## TASK OBJECTIVE
Could you reproduce every record below exactly as it stands?

## DATA IN THIS EXERCISE
-- ===== src/Net/Events/Handlers.antt =====
-- Every handler of a connection, from a valid one.
use hyperion_server.Common.{ℕ, suc, ◌≡◌, true, false, Option, none, some, ◌||◌}
use hyperion_server.Common.Exec.{Outcome, pure, ◌>>◌}
use hyperion_server.Common.Exec.Triple.{Ends, Triple, Triple-pure, Triple-then, Triple-weaken}
use hyperion_server.Media.Save.{Answers}
use hyperion_server.Net.Props.{ErrorCode}
use hyperion_server.Net.Connection.{
  Local, on_conn, write_completed, read_completed, receive_completed, wait_completed, dec_ref_count,
  is_eof,
}
use hyperion_server.Net.Acceptor.{Acceptor}
use hyperion_server.Net.Events.{
  Event, written, read, received, send_waited, receive_waited, handle, taken, is_pending,
}
use hyperion_server.Net.Events.Running.{Knows, Holds, Any, Quiet, Pathed}
use hyperion_server.Net.Events.Fields.{Holds-know, Holds-eof}
use hyperion_server.Net.Events.Operations.{On, Triple-on_conn, Unprepared, dec_ref_count-Holds}
use hyperion_server.Net.Events.Callbacks.{
  Greeted, callback_sent_greeting-Holds, callback_received_greeting-Holds,
  callback_send_greeting_timeout-Holds, callback_receive_greeting_timeout-Holds,
  receive_callback-Holds, receive_callback_error-Holds,
}
use hyperion_server.Net.Events.Valid.{IsValid, slack, Before, taken-Holds}

-- A write that fails keeps its reference for ever.
abbrev pub leaks : Event → ℕ
leaks (written (some error)) = 1
leaks _ = 0

abbrev pub after_leak : Event → ℕ → ℕ
after_leak (written (some error)) k = suc k
after_leak _ k = k

-- An exception that leaves the handler: the next receive could not be started.
abbrev pub Escapes : Answers → ℕ → ℕ → Event → Local → Type 0
Escapes answers own k (received none bytes) l = Unprepared answers own (suc k) Pathed false l
Escapes answers own k _ l = ⊥

module _ (answers : Answers) (own k : ℕ) (X : Knows) (E : Local → Type 0) where
  released :
      Triple
        (On (Holds answers own (suc k) false X))
        dec_ref_count
        (λ _. On (Holds answers own k false Any))
        E
  released =
      Triple-weaken (dec_ref_count-Holds answers own k X false E) (λ l h. h)
        (λ u l h. Holds-know false l.conn tt h) (λ l h. h)

  ignored :
      Triple
        (On (Holds answers own (suc k) false X))
        (pure tt >> dec_ref_count)
        (λ _. On (Holds answers own k false Any))
        E
  ignored = Triple-then (Triple-pure tt (λ l h. h)) released

module _ (acceptor : Acceptor) (answers : Answers) (own k : ℕ) where
  eof_noted :
      (error : Option ErrorCode) {E : Local → Type 0}
      → Triple
          (On (Holds answers own (suc k) false Pathed))
          (on_conn (λ c. record c { received_eof = c.received_eof || is_eof error }))
          (λ _. On (Holds answers own (suc k) false Pathed))
          E
  eof_noted error =
      Triple-on_conn (Holds answers own (suc k) false Pathed)
        (Holds answers own (suc k) false Pathed)
        (λ c h. Holds-eof false (c.received_eof || is_eof error) c h)

  handle-Holds :
      (e : Event)
      → Triple
          (On (Holds answers own (suc k) false (Before e)))
          (handle acceptor answers e)
          (λ _. On (Holds answers own (after_leak e k) false Any))
          (Escapes answers own k e)
  unfolding handle write_completed read_completed receive_completed wait_completed
  handle-Holds (written (some error)) = Triple-pure tt (λ l h. Holds-know false l.conn tt h)
  handle-Holds (written none) =
      Triple-then (callback_sent_greeting-Holds answers own (suc k) acceptor _)
        (released answers own k Any _)
  handle-Holds (read (some error) bytes) = ignored answers own k Quiet _
  handle-Holds (read none bytes) =
      Triple-then (callback_received_greeting-Holds answers own k acceptor bytes _)
        (released answers own k Any _)
  handle-Holds (received (some error) bytes) = Triple-then (eof_noted (some error)) (
      Triple-then (receive_callback_error-Holds answers own k error bytes _)
        (released answers own k Any _))
  handle-Holds (received none bytes) =
      Triple-then (eof_noted none)
        (Triple-then (receive_callback-Holds answers own k bytes) (released answers own k Any _))
  handle-Holds (send_waited (some error)) = ignored answers own k Any _
  handle-Holds (send_waited none) =
      Triple-then (callback_send_greeting_timeout-Holds answers own (suc k) Any _)
        (released answers own k Any _)
  handle-Holds (receive_waited (some error)) = ignored answers own k Greeted _
  handle-Holds (receive_waited none) =
      Triple-then (callback_receive_greeting_timeout-Holds answers own (suc k) _)
        (released answers own k Any _)

-- The handler runs on the connection that asio has taken the operation from.
abbrev pub deliver : Acceptor → Answers → Event → Local → Outcome (Unit {0}) × Local
deliver acceptor answers e l = handle acceptor answers e (record l { conn = taken e l.conn })

module _ (acceptor : Acceptor) (answers : Answers) (e : Event) (l : Local) where
  pub delivered :
      IsValid l.conn
      → is_pending e l.conn ≡ true
      → let r = deliver acceptor answers e l in
        Ends
          (λ _. On (Holds answers l.id (after_leak e (slack l.conn)) false Any))
          (Escapes answers l.id (slack l.conn) e)
          r.0
          r.1
  delivered v p =
      (handle-Holds acceptor answers l.id (slack l.conn) e).at _ (taken-Holds answers e l.conn v p)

## PROBLEM SOLUTION
-- ===== src/Net/Events/Handlers.antt =====
-- Every handler of a connection, from a valid one.
use hyperion_server.Common.{ℕ, suc, ◌≡◌, true, false, Option, none, some, ◌||◌}
use hyperion_server.Common.Exec.{Outcome, pure, ◌>>◌}
use hyperion_server.Common.Exec.Triple.{Ends, Triple, Triple-pure, Triple-then, Triple-weaken}
use hyperion_server.Media.Save.{Answers}
use hyperion_server.Net.Props.{ErrorCode}
use hyperion_server.Net.Connection.{
  Local, on_conn, write_completed, read_completed, receive_completed, wait_completed, dec_ref_count,
  is_eof,
}
use hyperion_server.Net.Acceptor.{Acceptor}
use hyperion_server.Net.Events.{
  Event, written, read, received, send_waited, receive_waited, handle, taken, is_pending,
}
use hyperion_server.Net.Events.Running.{Knows, Holds, Any, Quiet, Pathed}
use hyperion_server.Net.Events.Fields.{Holds-know, Holds-eof}
use hyperion_server.Net.Events.Operations.{On, Triple-on_conn, Unprepared, dec_ref_count-Holds}
use hyperion_server.Net.Events.Callbacks.{
  Greeted, callback_sent_greeting-Holds, callback_received_greeting-Holds,
  callback_send_greeting_timeout-Holds, callback_receive_greeting_timeout-Holds,
  receive_callback-Holds, receive_callback_error-Holds,
}
use hyperion_server.Net.Events.Valid.{IsValid, slack, Before, taken-Holds}

-- A write that fails keeps its reference for ever.
abbrev pub leaks : Event → ℕ
leaks (written (some error)) = 1
leaks _ = 0

abbrev pub after_leak : Event → ℕ → ℕ
after_leak (written (some error)) k = suc k
after_leak _ k = k

-- An exception that leaves the handler: the next receive could not be started.
abbrev pub Escapes : Answers → ℕ → ℕ → Event → Local → Type 0
Escapes answers own k (received none bytes) l = Unprepared answers own (suc k) Pathed false l
Escapes answers own k _ l = ⊥

module _ (answers : Answers) (own k : ℕ) (X : Knows) (E : Local → Type 0) where
  released :
      Triple
        (On (Holds answers own (suc k) false X))
        dec_ref_count
        (λ _. On (Holds answers own k false Any))
        E
  released =
      Triple-weaken (dec_ref_count-Holds answers own k X false E) (λ l h. h)
        (λ u l h. Holds-know false l.conn tt h) (λ l h. h)

  ignored :
      Triple
        (On (Holds answers own (suc k) false X))
        (pure tt >> dec_ref_count)
        (λ _. On (Holds answers own k false Any))
        E
  ignored = Triple-then (Triple-pure tt (λ l h. h)) released

module _ (acceptor : Acceptor) (answers : Answers) (own k : ℕ) where
  eof_noted :
      (error : Option ErrorCode) {E : Local → Type 0}
      → Triple
          (On (Holds answers own (suc k) false Pathed))
          (on_conn (λ c. record c { received_eof = c.received_eof || is_eof error }))
          (λ _. On (Holds answers own (suc k) false Pathed))
          E
  eof_noted error =
      Triple-on_conn (Holds answers own (suc k) false Pathed)
        (Holds answers own (suc k) false Pathed)
        (λ c h. Holds-eof false (c.received_eof || is_eof error) c h)

  handle-Holds :
      (e : Event)
      → Triple
          (On (Holds answers own (suc k) false (Before e)))
          (handle acceptor answers e)
          (λ _. On (Holds answers own (after_leak e k) false Any))
          (Escapes answers own k e)
  unfolding handle write_completed read_completed receive_completed wait_completed
  handle-Holds (written (some error)) = Triple-pure tt (λ l h. Holds-know false l.conn tt h)
  handle-Holds (written none) =
      Triple-then (callback_sent_greeting-Holds answers own (suc k) acceptor _)
        (released answers own k Any _)
  handle-Holds (read (some error) bytes) = ignored answers own k Quiet _
  handle-Holds (read none bytes) =
      Triple-then (callback_received_greeting-Holds answers own k acceptor bytes _)
        (released answers own k Any _)
  handle-Holds (received (some error) bytes) = Triple-then (eof_noted (some error)) (
      Triple-then (receive_callback_error-Holds answers own k error bytes _)
        (released answers own k Any _))
  handle-Holds (received none bytes) =
      Triple-then (eof_noted none)
        (Triple-then (receive_callback-Holds answers own k bytes) (released answers own k Any _))
  handle-Holds (send_waited (some error)) = ignored answers own k Any _
  handle-Holds (send_waited none) =
      Triple-then (callback_send_greeting_timeout-Holds answers own (suc k) Any _)
        (released answers own k Any _)
  handle-Holds (receive_waited (some error)) = ignored answers own k Greeted _
  handle-Holds (receive_waited none) =
      Triple-then (callback_receive_greeting_timeout-Holds answers own (suc k) _)
        (released answers own k Any _)

-- The handler runs on the connection that asio has taken the operation from.
abbrev pub deliver : Acceptor → Answers → Event → Local → Outcome (Unit {0}) × Local
deliver acceptor answers e l = handle acceptor answers e (record l { conn = taken e l.conn })

module _ (acceptor : Acceptor) (answers : Answers) (e : Event) (l : Local) where
  pub delivered :
      IsValid l.conn
      → is_pending e l.conn ≡ true
      → let r = deliver acceptor answers e l in
        Ends
          (λ _. On (Holds answers l.id (after_leak e (slack l.conn)) false Any))
          (Escapes answers l.id (slack l.conn) e)
          r.0
          r.1
  delivered v p =
      (handle-Holds acceptor answers l.id (slack l.conn) e).at _ (taken-Holds answers e l.conn v p)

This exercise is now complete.